### Exercise objective
In the entries below, which lines run from the one containing "unfolding after_source_dir" to the one containing "then pure (some"? Copy exactly those lines, ends included, and no others.

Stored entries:

........

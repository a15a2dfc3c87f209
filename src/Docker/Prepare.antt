-- ===== src/Docker/Prepare.antt =====
-- docker_executor.go: what is made in the engine before the steps of a job run: startDockerService with
-- awaitDockerService, createDockerJob, copyDockerSource with dockerCopyTree, and prepareDocker.
-- Unpacking the source is the argument `extract`, which returns the text of its error.
pub mod Waiting
pub mod Records
use robine_ci.Prelude.{
  ℕ, zero, suc, ◌+◌, ◌*◌, Bool, true, false, not, ◌||◌, ◌&&◌, Option, none, some, List, [], ◌∷◌,
  ◌++◌, ltb, length, if◌then◌else◌, ◌==◌, inl, inr,
}
use robine_ci.Prelude.Bytes.{Bytes, codes}
use robine_ci.Prelude.Int.{ℤ, pos, negsuc}
use robine_ci.Offer.{Offer, is_empty}
use robine_ci.Run.{Run, pure, ◌>>=◌, ◌>>◌}
use robine_ci.Strings.{print_int}
use robine_ci.Archive.{join_path}
use robine_ci.Config.{Config, namespace_of, cpu_millis_of, memory_bytes_of, pids_limit_of}
use robine_ci.Executor.{
  Env, State, StepLog, ContextError, deadline_exceeded, context_canceled, WaitError, execution,
  detached, limited, outside, send_log,
}
use robine_ci.Executor.Environment.{Variables, insert_all, job_environment}
use robine_ci.Docker.{
  Service, Readiness, Resources, Failure, message, readiness_image, service_label, safe_id, labels,
  network_of,
}
use robine_ci.Docker.Arguments.{environment_args, unique_strings, cpu_limit, value_at}
use robine_ci.Docker.Calls.{
  Answer, answer_of, failure_of, docker_command, docker_run, docker_run_or, then_run, acquire_image,
  container_running, diagnostic,
}

-- The variables of a service, with the secrets that it names.
named_secrets : Variables → Variables → Variables
named_secrets secrets [] = []
named_secrets secrets ((name, secret) ∷ m) =
    (name, value_at secrets secret) ∷ named_secrets secrets m

unfoldable pub service_environment : Variables → Service → Variables
unfolding named_secrets
service_environment secrets service =
    insert_all (named_secrets secrets service.secret_env) (insert_all service.env [])

abbrev hardened : List Bytes
hardened =
    codes "--cap-drop" ∷ codes "ALL" ∷ codes "--security-opt" ∷ codes "no-new-privileges" ∷ []

-- The limits of a container.
unfoldable pub limits : Config → List Bytes
limits cfg =
    codes "--cpus"
    ∷ cpu_limit (cpu_millis_of cfg)
    ∷ codes "--memory"
    ∷ print_int (memory_bytes_of cfg)
    ∷ codes "--memory-swap"
    ∷ print_int (memory_bytes_of cfg)
    ∷ codes "--pids-limit"
    ∷ print_int (pids_limit_of cfg)
    ∷ []

unfoldable pub service_args : Config → Offer → Variables → Service → Bytes → Bytes → List Bytes
service_args cfg offer secrets service name network =
    (codes "create" ∷ codes "--name" ∷ name ∷ [])
    ++ labels (namespace_of cfg) offer.attempt_id
    ++ (codes "--label" ∷ (service_label ++ codes "=" ++ service.id) ∷ [])
    ++ (if service.privileged then codes "--privileged" ∷ [] else hardened)
    ++ limits cfg
    ++ (codes "--tmpfs"
        ∷ codes "/tmp:rw,noexec,nosuid,size=1g"
        ∷ codes "--network"
        ∷ network
        ∷ codes "--network-alias"
        ∷ service.id
        ∷ [])
    ++ (if is_empty service.user then [] else codes "--user" ∷ service.user ∷ [])
    ++ environment_args (service_environment secrets service)
    ++ (service.image ∷ service.command)

unfoldable pub job_args : Config → Offer → Resources → Variables → List Bytes
job_args cfg offer resources secrets =
    (codes "create" ∷ codes "--name" ∷ resources.container ∷ [])
    ++ hardened
    ++ limits cfg
    ++ (codes "--tmpfs"
        ∷ codes "/tmp:rw,exec,nosuid,size=1g"
        ∷ codes "--network"
        ∷ network_of resources.network
        ∷ codes "--mount"
        ∷ (codes "type=volume,source=" ++ resources.volume ++ codes ",target=/workspace")
        ∷ codes "--workdir"
        ∷ codes "/workspace"
        ∷ [])
    ++ labels (namespace_of cfg) offer.attempt_id
    ++ environment_args (job_environment offer.execution secrets)
    ++ (offer.execution.image
        ∷ offer.execution.shell
        ∷ codes "-c"
        ∷ codes "trap 'exit 0' TERM INT; while :; do sleep 3600; done"
        ∷ [])

unfoldable pub probe_args : Service → Readiness → Bytes → List Bytes
probe_args service readiness network =
    (codes "run" ∷ codes "--rm" ∷ codes "--pull" ∷ codes "never" ∷ [])
    ++ hardened
    ++ (codes "--network"
        ∷ network
        ∷ readiness_image
        ∷ codes "nc"
        ∷ codes "-z"
        ∷ codes "-w"
        ∷ codes "1"
        ∷ service.id
        ∷ print_int readiness.tcp
        ∷ [])

-- The time that a service has to become ready, in milliseconds; a negative one is over at once.
unfoldable pub readiness_timeout : Option Readiness → ℕ
readiness_timeout none = 5_000
readiness_timeout (some r) = elim r.timeout_ms [ pos n ↦ n | negsuc n ↦ 0 ]

-- The text of `ctx.Err()`.
context_text : ContextError → Bytes
context_text deadline_exceeded = codes "context deadline exceeded"
context_text context_canceled = codes "context canceled"

context_failure : Option ContextError → Option Failure
unfolding context_text
context_failure none = none
context_failure (some error) = some (message (context_text error))

log_failure : Option Bytes → Option Failure
log_failure none = none
log_failure (some text) = some (message text)

service_log : Offer → Service → StepLog
service_log offer service = record {
  attempt_id = offer.attempt_id;
  position = 0;
  step_name = codes "Service " ++ service.id;
  condition = codes "success";
}

all_images : Offer → List Service → List Bytes
all_images offer services =
    offer.execution.image ∷ (if is_empty services then [] else readiness_image ∷ [])
    ++ images services
  where
    images : List Service → List Bytes
    images [] = []
    images (service ∷ more) = service.image ∷ images more

copy_failure : Option Bytes → Answer → Option Failure
copy_failure (some text) answer = some (message text)
copy_failure none answer = failure_of answer

module _ {env : Env} where
  -- The error of the archive comes before that of the command.
  unfoldable pub copy_tree : Bytes → Bytes → Run (State env) (Option Failure)
  unfolding copy_failure
  copy_tree source container s =
      let arguments = codes "cp" ∷ codes "-" ∷ (container ++ codes ":/workspace") ∷ [] in
      let ((archive_error, (waited, output)), world) =
        env.combined_output_with execution source arguments s.world in
      (
        copy_failure archive_error (answer_of waited output),
        record s { world = world; commands = s.commands ++ arguments ∷ [] },
      )

  module _ (service : Service) (name network : Bytes) (deadline : ℕ) where
    -- `rounds` is the loop from the next round on.
    after_timer : Run (State env) (Option Failure) → Bool → Run (State env) (Option Failure)
    unfolding context_failure
    after_timer rounds true = do
      error ← outside (env.context_error execution)
      pure (context_failure error)
    after_timer rounds false = rounds

    after_probe :
        Run (State env) (Option Failure) → Option Failure → Run (State env) (Option Failure)
    unfolding after_timer
    after_probe rounds none = pure none
    after_probe rounds (some failure) = do
      cancelled ← outside (env.wait_timer execution 100)
      after_timer rounds cancelled

    probe : Run (State env) (Option Failure) → Option Readiness → Run (State env) (Option Failure)
    unfolding after_probe
    probe rounds none = pure none
    probe rounds (some readiness) = do
      failed ← docker_run (limited 2_000 execution) (probe_args service readiness network)
      after_probe rounds failed

    after_running : Run (State env) (Option Failure) → Bool → Run (State env) (Option Failure)
    unfolding probe
    after_running rounds true = probe rounds service.readiness
    after_running rounds false =
        pure (some (message (codes "service container exited before readiness")))

    after_context :
        Run (State env) (Option Failure) → Option ContextError → Run (State env) (Option Failure)
    unfolding context_failure after_running
    after_context rounds (some e) = do
      error ← outside (env.context_error execution)
      pure (context_failure error)
    after_context rounds none = do
      running ← container_running execution name
      after_running rounds running

    before_deadline : Run (State env) (Option Failure) → ℕ → Run (State env) (Option Failure)
    unfolding after_context
    before_deadline rounds now =
        if ltb now deadline
        then (do error ← outside (env.context_error execution); after_context rounds error)
        else pure (some (message (codes "service readiness timed out")))

    -- The loop, with the number of rounds that it may take.
    unfoldable pub await_rounds : ℕ → Run (State env) (Option Failure)
    unfolding before_deadline
    await_rounds zero = pure (some (message (codes "service readiness timed out")))
    await_rounds (suc fuel) = do now ← outside env.now_ms; before_deadline (await_rounds fuel) now

  -- A round takes 100 ms, so the timeout in milliseconds and one more are enough rounds.
  unfoldable pub await_service : Service → Bytes → Bytes → Run (State env) (Option Failure)
  unfolding await_rounds
  await_service service name network = do
    let timeout = readiness_timeout service.readiness
    now ← outside env.now_ms
    await_rounds service name network (now + timeout) (suc timeout)

  module _ (cfg : Config) (offer : Offer) (secrets : Variables) where
    report_service : Service → Bytes → Option Failure → Run (State env) (Option Failure)
    unfolding service_log log_failure
    report_service service name (some failure) = do
      answer ← docker_command execution (codes "logs" ∷ codes "--tail" ∷ codes "200" ∷ name ∷ [])
      duration ← outside env.elapsed_ms
      send_log detached (service_log offer service) (codes "failed") (codes "system") (some (pos 1))
          duration (diagnostic secrets answer)
      pure (some failure)
    report_service service name none = do
      duration ← outside env.elapsed_ms
      error ←
          send_log execution (service_log offer service) (codes "succeeded") (codes "system")
            (some (pos 0)) duration (codes "Service ready")
      pure (log_failure error)

    ready_service : Service → Bytes → Bytes → Run (State env) (Option Failure)
    unfolding report_service
    ready_service service name network = do
      failed ← await_service service name network
      report_service service name failed

    unfoldable pub start_service : Service → Bytes → Bytes → Run (State env) (Option Failure)
    unfolding ready_service service_log
    start_service service name network = do
      send_log execution (service_log offer service) (codes "running") (codes "system") none 0
          (codes "Starting service")
      then_run (docker_run execution (service_args cfg offer secrets service name network)) (
          then_run (docker_run execution (codes "start" ∷ name ∷ []))
            (ready_service service name network))

    start_services : Resources → List Service → Run (State env) (Option Failure)
    start_services resources [] = pure none
    start_services resources (service ∷ services) =
        then_run
          (start_service service (resources.container ++ codes "-service-" ++ safe_id service.id)
            resources.network)
          (start_services resources services)

    acquire_images : List Bytes → Run (State env) (Option Failure)
    acquire_images [] = pure none
    acquire_images (image ∷ images) =
        then_run (acquire_image execution image) (acquire_images images)

    unfoldable pub create_job : Resources → Run (State env) (Option Failure)
    create_job resources = docker_run execution (job_args cfg offer resources secrets)

    module _ (extract : Bytes → Bytes → Run (State env) (Option Bytes)) (root : Bytes) where
      after_extract : Bytes → Option Bytes → Run (State env) (Option Failure)
      after_extract container (some text) = pure (some (message text))
      after_extract container none = copy_tree (join_path (root ∷ codes "source" ∷ [])) container

      after_source_dir : Bytes → Bytes → Option Bytes → Run (State env) (Option Failure)
      unfolding after_extract
      after_source_dir container body (some text) = pure (some (message text))
      after_source_dir container body none = do
        error ← extract body (join_path (root ∷ codes "source" ∷ []))
        after_extract container error

      after_download : Bytes → Option (Bytes × ℕ) → Run (State env) (Option Failure)
      unfolding after_source_dir
      after_download container none = pure (some (message (codes "source transfer failed")))
      after_download container (some (body, status)) =
          if not (status == 200)
          then pure (some (message (codes "source transfer failed")))
          else (do
            error ← outside (env.make_dir (join_path (root ∷ codes "source" ∷ [])))
            after_source_dir container body error)

      copy_from : Bytes → Option Bytes → Run (State env) (Option Failure)
      unfolding after_download
      copy_from container none = pure none
      copy_from container (some url) = do
        response ← outside (env.get execution url (codes "application/gzip"))
        after_download container response

      unfoldable pub copy_source : Bytes → Run (State env) (Option Failure)
      unfolding copy_from
      copy_source container = copy_from container offer.source_url

      create_network : Bytes → Run (State env) (Option Failure)
      create_network network =
          if is_empty network
          then pure none
          else docker_run execution (
              (codes "network" ∷ codes "create" ∷ [])
              ++ labels (namespace_of cfg) offer.attempt_id
              ++ (network ∷ []))

      create_volume : Bytes → Run (State env) (Option Failure)
      create_volume volume = docker_run execution (
          (codes "volume" ∷ codes "create" ∷ [])
          ++ labels (namespace_of cfg) offer.attempt_id
          ++ (volume ∷ []))

      -- The first failure, or none.
      unfoldable pub prepare : List Service → Resources → Run (State env) (Option Failure)
      unfolding create_network create_volume start_services acquire_images all_images
      prepare services resources =
          then_run (acquire_images (unique_strings (all_images offer services))) (
            then_run (create_network resources.network) (
              then_run (create_volume resources.volume) (
                then_run (start_services resources services) (
                  then_run (create_job resources) (
                    then_run (docker_run execution (codes "start" ∷ resources.container ∷ [])) (
                      then_run (copy_source resources.container) (
                        docker_run_or (codes "configured shell is unavailable") execution (
                          codes "exec"
                          ∷ resources.container
                          ∷ offer.execution.shell
                          ∷ codes "-c"
                          ∷ codes "true"
                          ∷ []))))))))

........

### Task response
      unfolding after_source_dir
      after_download container none = pure (some (message (codes "source transfer failed")))
      after_download container (some (body, status)) =
          if not (status == 200)
          then pure (some (message (codes "source transfer failed")))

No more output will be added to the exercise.